Saved entries:
------
-- ===== src/Server/Auth.antt =====
-- server/src/auth_store.rs: the accounts, API keys and refresh tokens. Each list stands behind its own
-- lock; `ticket` is the 64-bit counter of ids and `readings` counts the readings of the clock and of the
-- random source.
pub mod Tokens
pub mod Snapshot
pub mod Fresh
use memoria_mcp.Prelude.{
  ℕ, ◌+◌, ◌%◌, ◌^◌, String, Bool, true, false, not, ◌&&◌, Option, none, some, List, [], ◌∷◌, ◌++◌,
  length, find, retain, if◌then◌else◌, ok, ◌==◌, format, decimal, eqb,
}
use memoria_mcp.Prelude.Exec.{Exec, pure, throw, ◌>>=◌, ◌>>◌, modify, gets}
use memoria_mcp.Server.Ascii.{eq_ignore_ascii_case}

pub data Role : Type 0 where
  admin user : Role

pub record User : Type 0 where
  pub id : String
  pub name : String
  pub email : String
  pub password_hash : String
  pub role : Role
  pub created_at : ℕ
  pub onboarding_complete : Bool

pub record ApiKey : Type 0 where
  pub id : String
  pub user_id : String
  pub label : String
  pub key_hash : String
  pub key_prefix : String
  pub created_at : ℕ
  pub revoked_at : Option ℕ

pub record RefreshTokenRecord : Type 0 where
  pub jti : String
  pub user_id : String
  pub issued_at : ℕ
  pub revoked_at : Option ℕ

abbrev pub is_none : Option ℕ → Bool
is_none none = true
is_none (some n) = false

abbrev pub is_active_key : ApiKey → Bool
is_active_key k = is_none k.revoked_at

abbrev pub is_active : RefreshTokenRecord → Bool
is_active t = is_none t.revoked_at

pub data RefreshError : Type 0 where
  unknown already_used : RefreshError

abbrev pub registration_is_allowed : ℕ → Bool
registration_is_allowed existing_user_count = eqb existing_user_count 0

pub record AuthStore : Type 0 where
  pub users : List User
  pub api_keys : List ApiKey
  pub refresh_tokens : List RefreshTokenRecord
  pub ticket : ℕ
  pub readings : ℕ

-- The clock in seconds at its n-th reading, in nanoseconds when the n-th id is drawn, and the process.
pub record Host : Type 0 where
  pub seconds : ℕ → ℕ
  pub nanos : ℕ → ℕ
  pub pid : ℕ

abbrev pub Op : Type 0 → Type 0 → Type 0
Op E A = Exec E AuthStore A

abbrev pub new : AuthStore
new = record { users = []; api_keys = []; refresh_tokens = []; ticket = 0; readings = 0 }

-- `iter_mut().find(p)` and an assignment through the result.
unfoldable pub update_first : {A : Type 0} → (A → Bool) → (A → A) → List A → List A
update_first p f [] = []
update_first p f (x ∷ xs) = let rest = update_first p f xs in if p x then f x ∷ xs else x ∷ rest

abbrev pub has_jti : String → RefreshTokenRecord → Bool
has_jti jti t = t.jti == jti

abbrev pub revoke_token : ℕ → RefreshTokenRecord → RefreshTokenRecord
revoke_token now t = record t { revoked_at = some now }

module _ (host : Host) where
  unfoldable pub next_id : {E : Type 0} → String → Op E String
  next_id prefix s = (
    ok (
        format (
          prefix
          ∷ "-"
          ∷ decimal (host.nanos s.ticket)
          ∷ "-"
          ∷ decimal host.pid
          ∷ "-"
          ∷ decimal s.ticket
          ∷ [])),
    record s { ticket = (s.ticket + 1) % 2 ^ 64 },
  )

  unfoldable pub unix_now : {E : Type 0} → Op E ℕ
  unix_now s = (ok (host.seconds s.readings), record s { readings = s.readings + 1 })

  unfoldable pub new_user : {E : Type 0} → String → String → String → Role → Op E User
  new_user name email password_hash role = do
    id ← next_id "user"
    created_at ← unix_now
    pure (record {
      id = id;
      name = name;
      email = email;
      password_hash = password_hash;
      role = role;
      created_at = created_at;
      onboarding_complete = false;
    })

  unfoldable pub new_api_key : {E : Type 0} → String → String → String → String → Op E ApiKey
  new_api_key user_id label key_hash key_prefix = do
    id ← next_id "key"
    created_at ← unix_now
    pure (record {
      id = id;
      user_id = user_id;
      label = label;
      key_hash = key_hash;
      key_prefix = key_prefix;
      created_at = created_at;
      revoked_at = none;
    })

  unfoldable pub new_refresh_token : {E : Type 0} → String → Op E RefreshTokenRecord
  new_refresh_token user_id = do
    jti ← next_id "jti"
    issued_at ← unix_now
    pure (record { jti = jti; user_id = user_id; issued_at = issued_at; revoked_at = none })

  abbrev push_token : {E : Type 0} → RefreshTokenRecord → Op E (Unit {0})
  push_token t = modify (λ s. record s { refresh_tokens = s.refresh_tokens ++ t ∷ [] })

  unfoldable pub issue_refresh_token : {E : Type 0} → String → Op E String
  unfolding new_refresh_token next_id unix_now
  issue_refresh_token user_id = do t ← new_refresh_token user_id; push_token t; pure t.jti

  unfoldable pub rotate_refresh_token : String → Op RefreshError (String × String)
  unfolding new_refresh_token next_id unix_now update_first
  rotate_refresh_token presented_jti = do
    found ← gets (λ s. find (has_jti presented_jti) s.refresh_tokens)
    elim found [
      | none ↦ throw unknown
      | some existing ↦ if not (is_active existing) then throw already_used else do
        now ← unix_now
        modify (λ s. record s {
          refresh_tokens = update_first (has_jti presented_jti) (revoke_token now) s.refresh_tokens;
        })
        t ← new_refresh_token existing.user_id
        push_token t
        pure (t.jti, existing.user_id)
    ]

  unfoldable pub revoke_api_key : {E : Type 0} → String → Op E Bool
  unfolding unix_now update_first
  revoke_api_key id = do
    found ← gets (λ s. find (λ k. k.id == id) s.api_keys)
    elim found [
      | none ↦ pure false
      | some k ↦ do
        now ← unix_now
        modify (λ s. record s {
          api_keys =
              update_first (λ k. k.id == id) (λ k. record k { revoked_at = some now }) s.api_keys;
        })
        pure true
    ]

module _ {E : Type 0} where
  unfoldable pub insert_user : User → Op E (Unit {0})
  insert_user u = modify (λ s. record s { users = s.users ++ u ∷ [] })

  unfoldable pub insert_api_key : ApiKey → Op E (Unit {0})
  insert_api_key key = modify (λ s. record s { api_keys = s.api_keys ++ key ∷ [] })

abbrev pub user_count : AuthStore → ℕ
user_count s = length s.users

abbrev pub has_id : String → User → Bool
has_id id u = u.id == id

unfoldable pub find_user_by_email : String → AuthStore → Option User
unfolding eq_ignore_ascii_case
find_user_by_email email s = find (λ u. eq_ignore_ascii_case u.email email) s.users

unfoldable pub find_user_by_id : String → AuthStore → Option User
find_user_by_id id s = find (has_id id) s.users

unfoldable pub find_api_keys_by_user : String → AuthStore → List ApiKey
find_api_keys_by_user user_id s = retain (λ k. k.user_id == user_id) s.api_keys

unfoldable pub find_active_api_key_by_hash : String → AuthStore → Option ApiKey
find_active_api_key_by_hash key_hash s =
    find (λ k. k.key_hash == key_hash && is_active_key k) s.api_keys

abbrev or_else : Option String → String → String
or_else none old = old
or_else (some new) old = new

abbrev pub with_profile : Option String → Option String → User → User
with_profile name email u = record u { name = or_else name u.name; email = or_else email u.email }

abbrev is_some : Option User → Bool
is_some none = false
is_some (some u) = true

module _ {E : Type 0} where
  -- The first user with the id is changed and returned.
  unfoldable pub change_user : String → (User → User) → Op E (Option User)
  unfolding update_first
  change_user id f s = elim (find (has_id id) s.users) [
    | none ↦ (ok none, s)
    | some u ↦ (ok (some (f u)), record s { users = update_first (has_id id) f s.users })
  ]

  unfoldable pub update_profile : String → Option String → Option String → Op E (Option User)
  unfolding change_user
  update_profile id name email = change_user id (with_profile name email)

  unfoldable pub update_password_hash : String → String → Op E Bool
  unfolding change_user
  update_password_hash id new_password_hash = do
    found ← change_user id (λ u. record u { password_hash = new_password_hash })
    pure (is_some found)

  unfoldable pub mark_onboarding_complete : String → Op E Bool
  unfolding change_user
  mark_onboarding_complete id = do
    found ← change_user id (λ u. record u { onboarding_complete = true })
    pure (is_some found)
------
■ YOUR ASSIGNMENT: Your task is to restate, word for word, only those lines above that fall between the line holding "new_api_key user_id label" and the line holding "revoked_at = none;", inclusive.

■ OUTPUT OF THE EXERCISE:
  new_api_key user_id label key_hash key_prefix = do
    id ← next_id "key"
    created_at ← unix_now
    pure (record {
      id = id;
      user_id = user_id;
      label = label;
      key_hash = key_hash;
      key_prefix = key_prefix;
      created_at = created_at;
      revoked_at = none;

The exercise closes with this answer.